The self-transfer barely saves anything here.

The cheapest fare of all was €473 on Kayak, a self-transfer stitched from Ryanair and SAS through Dublin and Copenhagen, roughly 32 hours each way with two stops. But the clean Aer Lingus ticket, one airline, one stop, 11 hours, was just €495. Saving about €20 for an extra 20 hours and all the connection risk isn't a trade we'd make.
Pay €473
  • Two separate tickets (Ryanair + SAS)
  • Two stops, ~32 hours each way
  • A missed leg is your problem
vs
Pay €495
  • One airline, one ticket (Aer Lingus)
  • 11h 25m via Dublin
  • The airline owns the connection
3

The nonstop is only about €155 more.

KLM and Delta fly Amsterdam to New York nonstop in about 8 hours for €650, and Google books you straight with the airline. That's roughly €155 over the cheapest 1-stop, for three hours saved, no connection risk, and, on the fares we saw, a checked bag included. On a route this competitive, we'd give the nonstop a hard look.
🧳 Don't forget the checked bag

The cheapest fare is often a stripped "Light" or "Basic" ticket with only a cabin bag and no checked luggage. It's easy to assume this only applies to low-cost airlines, but it doesn't. The cheap Aer Lingus and self-transfer fares on this route often come without a checked bag, and to the US that's a real gap.

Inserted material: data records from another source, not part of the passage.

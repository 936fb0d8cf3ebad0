-- ===== src/Quantize/Cut/Next.antt =====
-- color/quantize.rs, the inner loop of `quantize`: it ends, and finds the box to cut.
use mpris_chroma.Prelude.{
  ℕ, zero, suc, ◌+◌, ◌≤◌, ◌<◌, ◌≡◌, refl, ◌∙◌, ◌≢◌, ◌⊎◌, inl, inr, Bool, true, false, Option, none,
  some, List, arith, ltb, ◌==◌, if◌then◌else◌, ==_iff, Bool-cases, if_cases, length,
}
use mpris_chroma.Prelude.Sort.{total, length-total}
use mpris_chroma.Quantize.{BoxNode, volume}
use mpris_chroma.Quantize.Heap.{slot, count_of}
use mpris_chroma.Quantize.Heap.Order.{IsSmall, IsHeap}
use mpris_chroma.Quantize.Heap.Root.{remove-IsHeap, remove_empty}
use mpris_chroma.Quantize.Heap.Unused.{remove-slot_0, two_slots-le-total, total_slot_0}
use mpris_chroma.Quantize.Cut.{box_at, or_next, next_box}

module _ (boxes : List BoxNode) where
  abbrev pub is_single : ℕ → Bool
  is_single a = volume (box_at boxes a) == 1

  -- 1 for a box of several colours that has more pixels.
  abbrev pub exceeds : ℕ → ℕ → ℕ
  exceeds n a =
      if is_single a then 0 else if ltb (count_of boxes n) (count_of boxes a) then 1 else 0

  -- 1 for a box of several colours.
  abbrev pub several : ℕ → ℕ
  several a = if is_single a then 0 else 1

  -- What the search leaves when it finds a box, by sums over the slots.
  pub record IsTaken (s : List ℕ) (n : ℕ) (left : List ℕ) : Type 0 where
    pub mixed : is_single n ≡ false
    pub in_order : IsHeap boxes left
    pub kept : (f : ℕ → ℕ) → total f left + f n ≤ total f s
    pub unused : slot left 0 ≡ slot s 0
    pub nonempty : 0 < length left
    pub largest : total (exceeds n) s ≡ exceeds n (slot s 0)

  module _ (small : IsSmall boxes) where
    abbrev pub Searched : List ℕ → Option (ℕ × List ℕ) → Type 0
    Searched s r =
        ((r ≡ none) × (total several s ≡ several (slot s 0)))
        ⊎ ((n : ℕ) × (left : List ℕ) × (r ≡ some (n, left)) × IsTaken s n left)

    Searched-past :
        (s t : List ℕ) (r : Option (ℕ × List ℕ))
        → is_single (slot s 1) ≡ true
        → ((f : ℕ → ℕ) → total f t + f (slot s 1) ≡ total f s)
        → slot t 0 ≡ slot s 0
        → Searched t r
        → Searched s r
    Searched-past s t r single same zero_kept (inl (e, rest)) =
        let none_there : several (slot s 1) ≡ 0 = rw single refl in
        inl (e, omega (arith, same several, none_there, rw zero_kept at rest))
    Searched-past s t r single same zero_kept (inr (n, left, e, k)) =
        let none_larger : exceeds n (slot s 1) ≡ 0 = rw single refl in
        inr (
          n,
          left,
          e,
          record {
            mixed = k.mixed;
            in_order = k.in_order;
            kept = λ f. omega (arith, same f, k.kept f);
            unused = k.unused ∙ zero_kept;
            nonempty = k.nonempty;
            largest = omega (arith, same (exceeds n), none_larger, rw zero_kept at k.largest);
          },
        )

    pub search :
        (fuel : ℕ) (s : List ℕ)
        → length s ≤ fuel
        → 0 < length s
        → IsHeap boxes s
        → Searched s (next_box boxes fuel s)
    unfolding next_box or_next
    search zero s f p h = absurd (omega arith)
    search (suc fuel) s f p h = elim (Bool-cases (length s == 1)) [
      | inl alone ↦
          let e : length s ≡ 1 = (==_iff _ _).0 alone in
          rw (remove_empty boxes small s h e)
            (inl (refl, total_slot_0 several s p (λ i lo hi. absurd (omega (arith, e)))))
      | inr more ↦
          let (t, e, order, same, top) = remove-IsHeap boxes small s h (ground arith) in
          let kept_0 = remove-slot_0 boxes s t (slot s 1) (ground arith) e in
          let size = same (λ _. 1) in
          rw e (
            if_cases (Searched s) (is_single (slot s 1)) _ _
              (λ single. Searched-past s t (next_box boxes fuel t) single same kept_0 (
                search fuel t (omega (arith, size, length-total t, length-total s))
                  (ground (arith, size, length-total t, length-total s)) order))
              (λ mixed. inr (
                slot s 1,
                t,
                refl,
                record {
                  mixed = mixed;
                  in_order = order;
                  kept = λ f. omega (arith, same f);
                  unused = kept_0;
                  nonempty = ground (arith, size, length-total t, length-total s);
                  largest =
                      total_slot_0 (exceeds (slot s 1)) s p
                        (λ i lo hi. ground (arith, top i lo hi));
                },
              )))
    ]

    -- The inner loop ends, in a heap in order of boxes with fewer than 2^31 pixels each, with as much
    -- fuel as the heap has slots: it gives none where every box of the heap has one colour, and else a
    -- box of several colours, with at least as many pixels as each such box of the heap, and a heap
    -- in order of boxes from the heap, from which that box is gone.
    pub next_box_lem :
        (s : List ℕ)
        → 0 < length s
        → IsHeap boxes s
        → ((next_box boxes (length s) s ≡ none)
            × ((i : ℕ) → 1 ≤ i → i < length s → volume (box_at boxes (slot s i)) ≡ 1))
          ⊎ ((n : ℕ) × (left : List ℕ) × (next_box boxes (length s) s ≡ some (n, left))
              × (volume (box_at boxes n) ≢ 1)
              × IsHeap boxes left
              × ((f : ℕ → ℕ) → total f left + f n ≤ total f s)
              × ((i : ℕ)
                  → 1 ≤ i
                  → i < length s
                  → volume (box_at boxes (slot s i)) ≢ 1
                  → count_of boxes (slot s i) ≤ count_of boxes n))
    next_box_lem s p h = elim (search (length s) s (omega arith) p h) [
      | inl (e, rest) ↦
          inl (e, λ i lo hi. ground (arith, two_slots-le-total several i s lo hi, rest))
      | inr (n, left, e, k) ↦ inr (
        n,
        left,
        e,
        λ one. ground (arith, k.mixed, one),
        k.in_order,
        k.kept,
        λ i lo hi v. ground (arith, two_slots-le-total (exceeds n) i s lo hi, k.largest, v),
      )
    ]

Adding a checked bag costs roughly €30 to €70 each way, sometimes more. On a €495 fare, a €120 round-trip bag fee eats over half the gap to the nonstop. Add your bag before you compare prices, and check what the cheap fare actually includes.

This is exactly why the nonstop deserves a look: the KLM/Delta nonstop we saw at €650 already included a checked bag. Once you add luggage to a cheap 1-stop, the gap to a faster, simpler nonstop closes fast.

How we'd book a route like this
  1. 1
    Start on Google Flights to see the options clearly and watch the price.
  2. 2
    Check Skyscanner or Kayak to see if the exact same flight is cheaper elsewhere, and look at the layovers before you get excited.
  3. 3
    Book direct with the airline unless the saving is large. On this route, the nonstop was only a bit more, so we'd weigh it seriously.
How we tested. One route, one sitting, on 7 Jul 2026. Amsterdam (AMS) to New York (JFK), return 8 → 22 Sep 2026, 1 adult in economy, currency set to EUR on every tool, searched from a Netherlands connection with no VPN. We ran all five searches within about 15 minutes of each other to keep the comparison as fair as possible, and noted the cheapest fare each tool showed in each category. Checked-bag rules come from the airlines' own published fare conditions. This is one snapshot; prices change constantly, so treat the figures as a point-in-time reading.